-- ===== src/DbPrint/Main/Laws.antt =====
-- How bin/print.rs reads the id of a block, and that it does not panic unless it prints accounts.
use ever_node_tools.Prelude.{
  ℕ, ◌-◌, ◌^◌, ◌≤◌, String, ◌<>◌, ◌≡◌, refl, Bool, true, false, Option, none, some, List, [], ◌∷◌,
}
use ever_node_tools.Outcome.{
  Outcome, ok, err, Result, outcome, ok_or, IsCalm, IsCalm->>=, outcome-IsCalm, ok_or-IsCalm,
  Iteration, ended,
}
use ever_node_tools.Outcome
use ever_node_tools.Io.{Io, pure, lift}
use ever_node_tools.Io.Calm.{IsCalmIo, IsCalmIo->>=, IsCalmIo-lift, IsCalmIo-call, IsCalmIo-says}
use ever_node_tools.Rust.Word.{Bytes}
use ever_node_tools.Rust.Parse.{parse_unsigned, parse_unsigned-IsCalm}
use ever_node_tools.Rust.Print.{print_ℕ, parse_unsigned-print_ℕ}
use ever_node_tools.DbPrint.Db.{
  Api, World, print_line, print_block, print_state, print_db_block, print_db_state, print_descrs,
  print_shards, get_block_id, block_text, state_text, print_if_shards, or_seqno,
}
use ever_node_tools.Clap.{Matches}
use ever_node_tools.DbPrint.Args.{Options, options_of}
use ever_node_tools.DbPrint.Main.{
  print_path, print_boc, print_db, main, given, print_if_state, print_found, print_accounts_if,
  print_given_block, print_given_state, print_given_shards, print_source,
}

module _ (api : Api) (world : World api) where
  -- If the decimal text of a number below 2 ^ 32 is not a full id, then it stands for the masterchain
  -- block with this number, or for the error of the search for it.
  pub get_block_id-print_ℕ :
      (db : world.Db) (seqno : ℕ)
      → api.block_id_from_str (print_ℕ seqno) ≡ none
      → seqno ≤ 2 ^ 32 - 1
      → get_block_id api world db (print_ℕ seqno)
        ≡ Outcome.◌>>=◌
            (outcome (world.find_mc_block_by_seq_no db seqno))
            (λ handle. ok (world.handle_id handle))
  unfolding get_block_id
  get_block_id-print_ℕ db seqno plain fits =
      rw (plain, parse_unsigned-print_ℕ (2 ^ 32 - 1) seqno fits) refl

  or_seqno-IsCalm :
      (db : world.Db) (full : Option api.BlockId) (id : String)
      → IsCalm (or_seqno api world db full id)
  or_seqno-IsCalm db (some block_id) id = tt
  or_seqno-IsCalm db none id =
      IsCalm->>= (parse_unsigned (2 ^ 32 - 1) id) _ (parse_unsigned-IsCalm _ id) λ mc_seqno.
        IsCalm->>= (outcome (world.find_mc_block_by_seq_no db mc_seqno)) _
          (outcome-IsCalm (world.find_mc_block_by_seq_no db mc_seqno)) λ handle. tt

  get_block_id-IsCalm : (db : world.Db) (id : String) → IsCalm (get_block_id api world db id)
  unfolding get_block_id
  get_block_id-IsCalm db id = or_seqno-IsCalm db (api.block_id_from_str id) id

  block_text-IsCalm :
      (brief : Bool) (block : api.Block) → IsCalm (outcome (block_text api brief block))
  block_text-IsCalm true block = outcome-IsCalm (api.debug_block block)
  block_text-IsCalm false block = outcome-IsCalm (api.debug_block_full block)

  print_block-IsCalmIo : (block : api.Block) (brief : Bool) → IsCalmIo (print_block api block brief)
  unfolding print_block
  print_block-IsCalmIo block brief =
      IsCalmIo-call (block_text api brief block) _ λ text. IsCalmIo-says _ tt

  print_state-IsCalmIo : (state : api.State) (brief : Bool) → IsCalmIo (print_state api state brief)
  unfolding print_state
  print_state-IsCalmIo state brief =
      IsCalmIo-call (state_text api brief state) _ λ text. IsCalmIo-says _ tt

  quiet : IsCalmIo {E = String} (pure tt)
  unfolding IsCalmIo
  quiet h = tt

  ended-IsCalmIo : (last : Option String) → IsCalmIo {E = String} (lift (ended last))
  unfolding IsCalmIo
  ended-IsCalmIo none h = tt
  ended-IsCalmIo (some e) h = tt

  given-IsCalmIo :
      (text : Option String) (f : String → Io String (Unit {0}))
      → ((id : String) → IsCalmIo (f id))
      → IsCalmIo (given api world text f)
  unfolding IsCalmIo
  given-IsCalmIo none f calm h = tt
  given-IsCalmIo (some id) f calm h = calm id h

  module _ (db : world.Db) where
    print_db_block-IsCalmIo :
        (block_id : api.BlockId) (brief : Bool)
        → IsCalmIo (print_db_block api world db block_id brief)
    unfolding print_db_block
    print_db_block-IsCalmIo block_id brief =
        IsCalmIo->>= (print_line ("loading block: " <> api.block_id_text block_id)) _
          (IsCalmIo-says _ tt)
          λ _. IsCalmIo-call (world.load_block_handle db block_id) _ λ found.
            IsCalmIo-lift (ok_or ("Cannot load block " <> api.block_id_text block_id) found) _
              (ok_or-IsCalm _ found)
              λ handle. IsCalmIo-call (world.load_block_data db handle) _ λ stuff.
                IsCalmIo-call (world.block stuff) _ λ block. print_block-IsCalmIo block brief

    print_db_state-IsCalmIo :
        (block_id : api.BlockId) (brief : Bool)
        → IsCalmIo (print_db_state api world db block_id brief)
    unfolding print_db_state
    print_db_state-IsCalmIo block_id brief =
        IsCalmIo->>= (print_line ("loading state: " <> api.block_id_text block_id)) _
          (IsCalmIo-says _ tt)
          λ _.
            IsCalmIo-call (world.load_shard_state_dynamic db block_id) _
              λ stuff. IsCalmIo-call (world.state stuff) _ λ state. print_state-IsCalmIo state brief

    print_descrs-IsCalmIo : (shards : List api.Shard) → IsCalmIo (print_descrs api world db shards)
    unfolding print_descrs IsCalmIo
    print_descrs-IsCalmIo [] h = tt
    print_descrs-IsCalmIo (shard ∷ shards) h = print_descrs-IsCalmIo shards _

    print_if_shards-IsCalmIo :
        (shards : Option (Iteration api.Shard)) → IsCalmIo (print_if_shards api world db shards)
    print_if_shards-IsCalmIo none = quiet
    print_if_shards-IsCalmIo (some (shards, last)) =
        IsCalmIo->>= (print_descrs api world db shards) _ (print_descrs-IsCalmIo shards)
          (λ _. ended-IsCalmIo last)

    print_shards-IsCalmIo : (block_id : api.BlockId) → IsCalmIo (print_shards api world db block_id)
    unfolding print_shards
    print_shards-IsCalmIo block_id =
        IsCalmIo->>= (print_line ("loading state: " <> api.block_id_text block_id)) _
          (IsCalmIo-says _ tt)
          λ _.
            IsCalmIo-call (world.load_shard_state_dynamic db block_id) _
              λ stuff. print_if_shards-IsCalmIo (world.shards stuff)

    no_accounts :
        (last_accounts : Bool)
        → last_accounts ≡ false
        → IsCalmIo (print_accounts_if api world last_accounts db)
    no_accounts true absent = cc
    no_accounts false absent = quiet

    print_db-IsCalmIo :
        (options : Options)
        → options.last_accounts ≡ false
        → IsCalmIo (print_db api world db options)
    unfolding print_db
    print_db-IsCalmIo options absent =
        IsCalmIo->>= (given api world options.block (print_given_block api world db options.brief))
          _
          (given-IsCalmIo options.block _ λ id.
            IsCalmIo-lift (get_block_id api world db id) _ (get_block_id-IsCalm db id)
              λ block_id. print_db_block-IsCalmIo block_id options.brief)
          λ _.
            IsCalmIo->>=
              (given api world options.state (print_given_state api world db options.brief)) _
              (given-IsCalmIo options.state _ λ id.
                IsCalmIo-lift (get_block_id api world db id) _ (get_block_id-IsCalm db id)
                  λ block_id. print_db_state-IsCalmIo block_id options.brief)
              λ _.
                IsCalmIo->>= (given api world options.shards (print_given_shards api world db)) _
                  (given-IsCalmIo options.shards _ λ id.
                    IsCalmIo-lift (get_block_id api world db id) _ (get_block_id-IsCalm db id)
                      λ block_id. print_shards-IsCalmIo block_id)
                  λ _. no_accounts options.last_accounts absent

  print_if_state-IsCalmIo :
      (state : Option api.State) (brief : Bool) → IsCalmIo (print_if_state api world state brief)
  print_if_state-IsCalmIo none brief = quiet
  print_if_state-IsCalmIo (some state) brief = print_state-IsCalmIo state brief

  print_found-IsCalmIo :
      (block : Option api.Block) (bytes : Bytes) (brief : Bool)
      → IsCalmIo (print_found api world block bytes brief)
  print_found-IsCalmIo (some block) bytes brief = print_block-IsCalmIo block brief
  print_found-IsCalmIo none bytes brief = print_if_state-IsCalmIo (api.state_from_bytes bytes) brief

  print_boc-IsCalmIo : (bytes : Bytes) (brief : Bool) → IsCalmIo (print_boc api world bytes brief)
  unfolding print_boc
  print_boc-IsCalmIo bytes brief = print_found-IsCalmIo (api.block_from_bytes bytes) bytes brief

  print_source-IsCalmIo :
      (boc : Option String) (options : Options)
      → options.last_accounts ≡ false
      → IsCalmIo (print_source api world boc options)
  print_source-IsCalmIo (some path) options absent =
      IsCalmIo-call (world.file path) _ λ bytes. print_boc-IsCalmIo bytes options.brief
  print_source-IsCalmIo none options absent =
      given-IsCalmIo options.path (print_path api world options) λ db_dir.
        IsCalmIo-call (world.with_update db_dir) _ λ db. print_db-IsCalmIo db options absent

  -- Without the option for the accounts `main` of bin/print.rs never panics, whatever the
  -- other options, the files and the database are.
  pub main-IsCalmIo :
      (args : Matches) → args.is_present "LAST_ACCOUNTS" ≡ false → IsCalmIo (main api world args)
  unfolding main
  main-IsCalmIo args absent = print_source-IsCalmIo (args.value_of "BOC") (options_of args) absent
-- -- --
Transcribe, word for word, every line from the one containing "unfolding print_boc" through the final line of the entries, and nothing else.

  unfolding print_boc
  print_boc-IsCalmIo bytes brief = print_found-IsCalmIo (api.block_from_bytes bytes) bytes brief

  print_source-IsCalmIo :
      (boc : Option String) (options : Options)
      → options.last_accounts ≡ false
      → IsCalmIo (print_source api world boc options)
  print_source-IsCalmIo (some path) options absent =
      IsCalmIo-call (world.file path) _ λ bytes. print_boc-IsCalmIo bytes options.brief
  print_source-IsCalmIo none options absent =
      given-IsCalmIo options.path (print_path api world options) λ db_dir.
        IsCalmIo-call (world.with_update db_dir) _ λ db. print_db-IsCalmIo db options absent

  -- Without the option for the accounts `main` of bin/print.rs never panics, whatever the
  -- other options, the files and the database are.
  pub main-IsCalmIo :
      (args : Matches) → args.is_present "LAST_ACCOUNTS" ≡ false → IsCalmIo (main api world args)
  unfolding main
  main-IsCalmIo args absent = print_source-IsCalmIo (args.value_of "BOC") (options_of args) absent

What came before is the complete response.